Campus diversity's new math

California boosts racial mix without affirmative action.

As courts and conservatives chip away at affirmative action, educators seeking to ensure diversity have increasingly turned to new social and economic criteria – from where students live to what language is spoken at home – to decide who goes to which school.

This fall, the opposite sides of San Francisco Bay are offering perhaps the most comprehensive look yet at how such policies work, from kindergarten through college.

Predictably, criticism is widespread. San Francisco public schools' "diversity index," which places children in schools based in part on family income or native language – but not race – led one neighborhood to consider seceding from the district.

Across the bay, an admissions initiative at the University of California at Berkeley, which gauges life challenges as well as report cards in a "comprehensive review," has been called a back door for racial preferences.

Yet there is evidence that the programs are bringing some measure of diversity – without running afoul of the law. Moreover, a new kind of diversity is emerging, with a wider range of rich and poor, as well as more well-rounded students of every race – rather than just good test takers.

Given California's position as a vanguard, the Bay Area's trials are being charted by educators nationwide. What's clear so far, in the programs' intricate formulas to weigh each socioeconomic factor, is that maintaining diversity will be far more complex than black and white.

"This is the affirmative action of the 21st century," says Richard Kahlenberg, an education expert at the Century Foundation in New York. "Communities are looking to keep some sort of diversity, but must turn away from race-based policies."

From race-based policy to 'comprehensive review'

It's an issue that the University of California has dealt with since state voters banned affirmative action in 1996. When Proposition 209 took effect, minority admissions to the state's three elite campuses – Berkeley, Los Angeles, and San Diego – plummeted. At Berkeley, the percentage of African-Americans, Latinos, and native Americans admitted in one year fell from 25.3 to 11.0 percent.

Since then, however, the numbers have crept up. Officially, the University of California insists that comprehensive review has nothing to do with this. All private colleges look beyond academic transcripts, the university says, and it's doing the same.

Yet some officials acknowledge that any policy that affects those with hardships and economic difficulties is bound to have an overlapping effect on minorities – even if it's colorblind. "In that sense, it does help underrepresented minorities, though it does not consider race," says Richard Black, an admissions official at Berkeley.

Critics look at the statistics and are more skeptical. Berkeley has used a form of comprehensive review for four years, and blacks, Latinos, and native Americans have made their strongest comeback here. At San Diego and Los Angeles, where comprehensive review was new this year, percentages of those minorities jumped more than two percentage points – the biggest increase since the ban. "My fear is that universities may be using this as a way to take race into account," says Linda Chavez of the Center for Equal Opportunity in Sterling, Va. "The numbers aren't proof, but they do raise some suspicions."
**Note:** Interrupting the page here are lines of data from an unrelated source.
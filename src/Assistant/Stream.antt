-- ===== src/Assistant/Stream.antt =====
-- backend/src/assistant/model.rs: the reading of a streamed reply. A body is the list of its network chunks
-- of bytes, with the error that interrupts it if one does. The decoding of UTF-8, `str::trim` and
-- serde_json are parameters; a `Chunk` is what the accessors of serde_json read of one `data:` line.
pub mod Chunking
pub mod Content
use rav.Common.{
  ℕ, zero, suc, ◌+◌, ◌-◌, ◌≡◌, Bool, true, false, ◌&&◌, ◌||◌, Option, none, some, List, [], ◌∷◌,
  ◌++◌, ltb, leb, ◌==◌, if◌then◌else◌, length, Text, codes, text_eq, starts_with, Result, ok, err,
  unwrap_or, decimal,
}
use rav.Assistant.{ToolCall, FunctionCall, ModelReply, ModelError}

pub record ToolDelta : Type 0 where
  pub index : ℕ
  pub id : Option Text
  pub name : Option Text
  pub arguments : Option Text

pub record Delta : Type 0 where
  pub content : Option Text
  pub tool_calls : List ToolDelta

-- `usage` has the prompt's and the completion's tokens.
pub record Chunk : Type 0 where
  pub has_error : Bool
  pub usage : Option (ℕ × ℕ)
  pub delta : Option Delta

pub record Reader : Type 0 where
  pub decode : Text → Text
  pub trim : Text → Text
  pub trim_end : Text → Text
  pub parse_chunk : Text → Result Chunk Text

abbrev pub empty_reply : ModelReply
empty_reply = record { content = []; tool_calls = []; input_tokens = 0; output_tokens = 0 }

-- The texts that were handed to `on_text`, and what came of it.
abbrev pub Streamed : Type 0 → Type 0
Streamed A = List Text × Result A ModelError

-- `?` after something that may have streamed text.
abbrev pub and_then : {A B : Type 0} → Streamed A → (A → Streamed B) → Streamed B
and_then (texts, err e) next = (texts, err e)
and_then (texts, ok a) next = (texts ++ (next a).0, (next a).1)

abbrev pub max_tool_call_index : ℕ
max_tool_call_index = 16

abbrev pub empty_call : ToolCall
empty_call = record {
  id = [];
  kind = codes "function";
  function = record { name = []; arguments = [] };
}

unfoldable pub repeat_call : ℕ → List ToolCall
repeat_call zero = []
repeat_call (suc n) = empty_call ∷ repeat_call n

-- The `while` that makes place for the index.
abbrev pub grow : ℕ → List ToolCall → List ToolCall
grow i calls = calls ++ repeat_call (suc i - length calls)

abbrev apply_delta : ToolDelta → ToolCall → ToolCall
apply_delta tc call = record {
  id = unwrap_or tc.id call.id;
  kind = call.kind;
  function = record {
    name = call.function.name ++ unwrap_or tc.name [];
    arguments = call.function.arguments ++ unwrap_or tc.arguments [];
  };
}

unfoldable pub update : ℕ → ToolDelta → List ToolCall → List ToolCall
update i tc [] = []
update zero tc (call ∷ calls) = apply_delta tc call ∷ calls
update (suc i) tc (call ∷ calls) = call ∷ update i tc calls

unfoldable pub add_tool_calls : List ToolDelta → List ToolCall → Result (List ToolCall) ModelError
add_tool_calls [] calls = ok calls
add_tool_calls (tc ∷ deltas) calls =
    let rest = add_tool_calls deltas (update tc.index tc (grow tc.index calls)) in
    if ltb max_tool_call_index tc.index
    then err (ModelError.fatal (codes "too many tool calls in one model response"))
    else rest

abbrev with_usage : Option (ℕ × ℕ) → ModelReply → ModelReply
with_usage none reply = reply
with_usage (some (input, output)) reply = record reply {
  input_tokens = input;
  output_tokens = output;
}

abbrev pub with_calls :
    ModelReply → Result (List ToolCall) ModelError → Result ModelReply ModelError
with_calls reply (ok calls) = ok (record reply { tool_calls = calls })
with_calls reply (err e) = err e

-- The new text, unless it is empty.
abbrev pub new_text : Option Text → List Text
new_text none = []
new_text (some []) = []
new_text (some (c ∷ t)) = (c ∷ t) ∷ []

abbrev pub concat : List Text → Text
concat [] = []
concat (t ∷ texts) = t ++ concat texts

abbrev pub push_delta : Option Delta → ModelReply → Streamed ModelReply
push_delta none reply = ([], ok reply)
push_delta (some delta) reply = (
  new_text delta.content,
  with_calls (record reply { content = reply.content ++ concat (new_text delta.content) })
      (add_tool_calls delta.tool_calls reply.tool_calls),
)

abbrev pub push_chunk : Result Chunk Text → ModelReply → Streamed ModelReply
push_chunk (err e) reply = ([], err (ModelError.fatal (codes "unreadable stream chunk: " ++ e)))
push_chunk (ok chunk) reply =
    if chunk.has_error
    then ([], err (ModelError.fatal (codes "OpenAI returned an error mid-stream")))
    else push_delta chunk.delta (with_usage chunk.usage reply)

abbrev drop : ℕ → Text → Text
drop zero s = s
drop (suc n) [] = []
drop (suc n) (c ∷ s) = drop n s

-- `line.strip_prefix("data:")`
unfoldable pub strip_data : Text → Option Text
strip_data line = if starts_with line (codes "data:") then some (drop 5 line) else none

-- A line break or a carriage return.
abbrev is_line_end : ℕ → Bool
is_line_end c = (c == b'\r') || (c == b'\n')

-- `trim_end_matches(['\r', '\n'])`
unfoldable pub trim_line_end : Text → Text
trim_line_end [] = []
trim_line_end (c ∷ s) = elim (trim_line_end s) [
  | [] ↦ if is_line_end c then [] else c ∷ []
  | d ∷ t ↦ c ∷ d ∷ t
]

-- The lines that the inner `while` takes from `pending`, each with its line break, and what stays.
abbrev pub add_byte : ℕ → List Text × Text → List Text × Text
add_byte c ([], rest) = if c == b'\n' then ((c ∷ []) ∷ [], rest) else ([], c ∷ rest)
add_byte c (l ∷ lines, rest) =
    if c == b'\n' then ((c ∷ []) ∷ l ∷ lines, rest) else ((c ∷ l) ∷ lines, rest)

unfoldable pub take_lines : Text → List Text × Text
take_lines [] = ([], [])
take_lines (c ∷ s) = add_byte c (take_lines s)

-- How a body ends: it is complete, or the connection fails.
pub data BodyEnd : Type 0 where
  complete_body : BodyEnd
  interrupted : Text → BodyEnd

-- The answer to a request: none, or a status with a body.
pub data Response : Type 0 where
  unreachable : Text → Response
  status : ℕ → List Text → BodyEnd → Response

-- The result of `OpenAiModel::send`.
unfoldable pub send_result : Response → Result (List Text × BodyEnd) ModelError
send_result (Response.unreachable e) =
    err (ModelError.retryable (codes "OpenAI unreachable: " ++ e))
send_result (Response.status code chunks end) =
    if leb 200 code && ltb code 300
    then ok (chunks, end)
    else if (code == 429) || (leb 500 code && ltb code 600)
    then err (ModelError.retryable (codes "OpenAI returned " ++ decimal code))
    else err (ModelError.fatal (codes "OpenAI rejected the request: " ++ decimal code))

-- One more attempt after an error that may pass.
abbrev pub retried :
    Result (List Text × BodyEnd) ModelError
    → Result (List Text × BodyEnd) ModelError
    → Result (List Text × BodyEnd) ModelError
retried (err (ModelError.retryable e)) second = second
retried (err (ModelError.fatal e)) second = err (ModelError.fatal e)
retried (ok body) second = ok body

module _ (reader : Reader) where
  abbrev pub push_data : Text → ModelReply → Streamed ModelReply
  push_data text reply =
      if text_eq text [] || text_eq text (codes "[DONE]")
      then ([], ok reply)
      else push_chunk (reader.parse_chunk text) reply

  abbrev pub push_stripped : Option Text → ModelReply → Streamed ModelReply
  push_stripped none reply = ([], ok reply)
  push_stripped (some text) reply = push_data (reader.trim text) reply

  unfoldable pub push_line : Text → ModelReply → Streamed ModelReply
  push_line line reply = push_stripped (strip_data line) reply

  unfoldable pub push_lines : List Text → ModelReply → Streamed ModelReply
  push_lines [] reply = ([], ok reply)
  push_lines (line ∷ lines) reply =
      and_then (push_line (trim_line_end (reader.decode line)) reply) (push_lines lines)

  -- After the last chunk.
  abbrev pub finish_body : BodyEnd → Text → ModelReply → Streamed ModelReply
  finish_body (BodyEnd.interrupted e) pending reply =
      ([], err (ModelError.retryable (codes "stream interrupted: " ++ e)))
  finish_body BodyEnd.complete_body [] reply = ([], ok reply)
  finish_body BodyEnd.complete_body (b ∷ pending) reply =
      push_line (reader.trim_end (reader.decode (b ∷ pending))) reply

  -- The loop over the chunks; `pending` has no line break.
  unfoldable pub read_body : List Text → BodyEnd → Text → ModelReply → Streamed ModelReply
  read_body [] end pending reply = finish_body end pending reply
  read_body (bytes ∷ chunks) end pending reply =
      let (lines, rest) = take_lines (pending ++ bytes) in
      and_then (push_lines lines reply) (read_body chunks end rest)

  abbrev pub complete_with : Result (List Text × BodyEnd) ModelError → Streamed ModelReply
  complete_with (err e) = ([], err e)
  complete_with (ok (chunks, end)) = read_body chunks end [] empty_reply

  -- `complete`, with the answers to its first and its second request.
  unfoldable pub complete : Response → Response → Streamed ModelReply
  complete first second = complete_with (retried (send_result first) (send_result second))
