-- ===== src/Assistant/Stream/Chunking.antt =====
-- backend/src/assistant/model.rs: what is read of a body does not depend on how the network cuts it.
use rav.Common.{
  ℕ, true, ◌≡◌, refl, sym, ap, ◌∙◌, inl, inr, List, [], ◌∷◌, ◌++◌, append_assoc, append-nil, ◌==◌,
  Bool-cases, Text, ok, err,
}
use rav.Assistant.{ModelReply}
use rav.Assistant.Stream.{
  Reader, Streamed, and_then, take_lines, add_byte, push_lines, read_body, BodyEnd, concat,
  push_line, trim_line_end,
}

-- The lines of more bytes come after the lines of the bytes before.
abbrev joined : List Text → List Text × Text → List Text × Text
joined lines (more, rest) = (lines ++ more, rest)

add_byte-break :
    (c : ℕ) (p : List Text × Text) → (c == b'\n') ≡ true → add_byte c p ≡ ((c ∷ []) ∷ p.0, p.1)
add_byte-break c ([], rest) h = rw h refl
add_byte-break c (l ∷ lines, rest) h = rw h refl

add_byte-joined :
    (c : ℕ) (lines : List Text) (rest t : Text)
    → add_byte c (joined lines (take_lines (rest ++ t)))
      ≡ joined (add_byte c (lines, rest)).0 (take_lines ((add_byte c (lines, rest)).1 ++ t))
unfolding take_lines
add_byte-joined c [] rest t = elim (Bool-cases (c == b'\n')) [
  | inl e ↦ add_byte-break c (take_lines (rest ++ t)) e ∙ rw e refl
  | inr e ↦ rw e refl
]
add_byte-joined c (l ∷ lines) rest t = elim (Bool-cases (c == b'\n')) [
  | inl e ↦ rw e refl
  | inr e ↦ rw e refl
]

take_lines-append :
    (s t : Text)
    → take_lines (s ++ t) ≡ joined (take_lines s).0 (take_lines ((take_lines s).1 ++ t))
unfolding take_lines
take_lines-append [] t = refl
take_lines-append (c ∷ s) t =
    ap (add_byte c) (take_lines-append s t) ∙ add_byte-joined c (take_lines s).0 (take_lines s).1 t

and_then-texts :
    {B C : Type 0} (texts : List Text) (m : Streamed B) (g : B → Streamed C)
    → and_then {A = B} (texts ++ m.0, m.1) g ≡ (texts ++ (and_then m g).0, (and_then m g).1)
and_then-texts texts (more, err e) g = refl
and_then-texts texts (more, ok b) g = ap (λ x. (x, (g b).1)) (append_assoc texts more (g b).0)

and_then_ext :
    {A B : Type 0} (m : Streamed A) (f g : A → Streamed B)
    → ((a : A) → f a ≡ g a)
    → and_then m f ≡ and_then m g
and_then_ext (texts, err e) f g h = refl
and_then_ext (texts, ok a) f g h = ap (λ r. (texts ++ r.0, r.1)) (h a)

and_then_assoc :
    {A B C : Type 0} (m : Streamed A) (f : A → Streamed B) (g : B → Streamed C)
    → and_then (and_then m f) g ≡ and_then m (λ a. and_then (f a) g)
and_then_assoc (texts, err e) f g = refl
and_then_assoc (texts, ok a) f g = and_then-texts texts (f a) g

module _ (reader : Reader) where
  push_lines-append :
      (xs ys : List Text) (reply : ModelReply)
      → push_lines reader (xs ++ ys) reply
        ≡ and_then (push_lines reader xs reply) (push_lines reader ys)
  unfolding push_lines
  push_lines-append [] ys reply = refl
  push_lines-append (x ∷ xs) ys reply =
      and_then_ext (push_line reader (trim_line_end (reader.decode x)) reply)
        (push_lines reader (xs ++ ys))
        (λ r. and_then (push_lines reader xs r) (push_lines reader ys)) (push_lines-append xs ys)
      ∙ sym (
          and_then_assoc (push_line reader (trim_line_end (reader.decode x)) reply)
            (push_lines reader xs) (push_lines reader ys))

  read_body-merge :
      (a b : Text) (chunks : List Text) (end : BodyEnd) (pending : Text) (reply : ModelReply)
      → read_body reader (a ∷ b ∷ chunks) end pending reply
        ≡ read_body reader ((a ++ b) ∷ chunks) end pending reply
  unfolding read_body
  read_body-merge a b chunks end pending reply =
      let one = take_lines (pending ++ a) in
      let two = take_lines (one.1 ++ b) in
      let whole : List Text × Text → Streamed ModelReply =
        λ p. and_then (push_lines reader p.0 reply) (read_body reader chunks end p.1) in
      sym (
        ap whole
          (ap take_lines (sym (append_assoc pending a b)) ∙ take_lines-append (pending ++ a) b)
        ∙ ap (λ m. and_then m (read_body reader chunks end two.1))
            (push_lines-append one.0 two.0 reply)
        ∙ and_then_assoc (push_lines reader one.0 reply) (push_lines reader two.0)
            (read_body reader chunks end two.1))

  -- However the network cuts the bytes of a body into chunks, the text that is streamed and the reply or
  -- the error are those of the whole bytes in one chunk.
  pub read_body-concat :
      (a : Text) (chunks : List Text) (end : BodyEnd) (pending : Text) (reply : ModelReply)
      → read_body reader (a ∷ chunks) end pending reply
        ≡ read_body reader (concat (a ∷ chunks) ∷ []) end pending reply
  read_body-concat a [] end pending reply =
      ap (λ s. read_body reader (s ∷ []) end pending reply) (sym (append-nil a))
  read_body-concat a (b ∷ chunks) end pending reply =
      read_body-merge a b chunks end pending reply
      ∙ read_body-concat (a ++ b) chunks end pending reply
      ∙ ap (λ s. read_body reader (s ∷ []) end pending reply) (append_assoc a b (concat chunks))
On the Berkeley campus, though, there's hardly the sense that minorities are resurgent. Students at the Latino academic union on a recent day had never heard of comprehensive review. Lisa Walker, who went to Berkeley before the ban and now works here to foster cross-cultural interaction, feels that ban on affirmative action remains more potent than any admissions change.

"People don't talk about race anymore," says Ms. Walker. "The changes in numbers haven't changed the culture shift that happened after 209."

Instead, high school guidance counselors say, the Big Three are finding diversity by bringing in a broader palette of students. "We've had students who ... maybe have not been the best students, but have been tremendous human beings and you know they're going to go on and be successful at Berkeley, and they have gotten in," says Rory Bled, a college adviser at Berkeley High here.

The grade-point average at Berkeley has gone up slightly since it began comprehensive review, notes Mr. Black, the Berkeley admissions officer.

In San Francisco's public schools, district officials are likewise hoping for improved achievement. To them, the diversity index is a way to ensure fair proportions of advantaged and disadvantaged students at each school. Through yearly surveys, the district learns about things such as economic status and parents' education, then places students to maximize socioeconomic diversity.

Tension between diversity and parents' choice

But to many Asian-Americans, the diversity index – like comprehensive review – seems specifically designed to limit their numbers in the best schools.

Although the program tries to keep students at the nearest school, the diversity index sometimes sends them across town. With many of the best schools located in Asian-American communities, a revolt has risen. A computer glitch worsened the problem, and the local supervisor in San Francisco's heavily Asian Sunset neighborhood threatened to break off from the district entirely.

Yet above the din, there are voices of promise. Some 94 percent of children were placed at one of the schools their parents listed as a preference, and the index "is doing what it is saying it will do," says Sandra Halladey of the local activist group, Parents for Public Schools. It's just weighted too heavily toward diversity, she says, with not enough emphasis on parents' choice.

The process, she knows, is difficult. But, as the first such experiment in a major metropolitan hub, it's also important. Says Mr. Kahlenberg: "San Francisco is a large district that people pay attention to."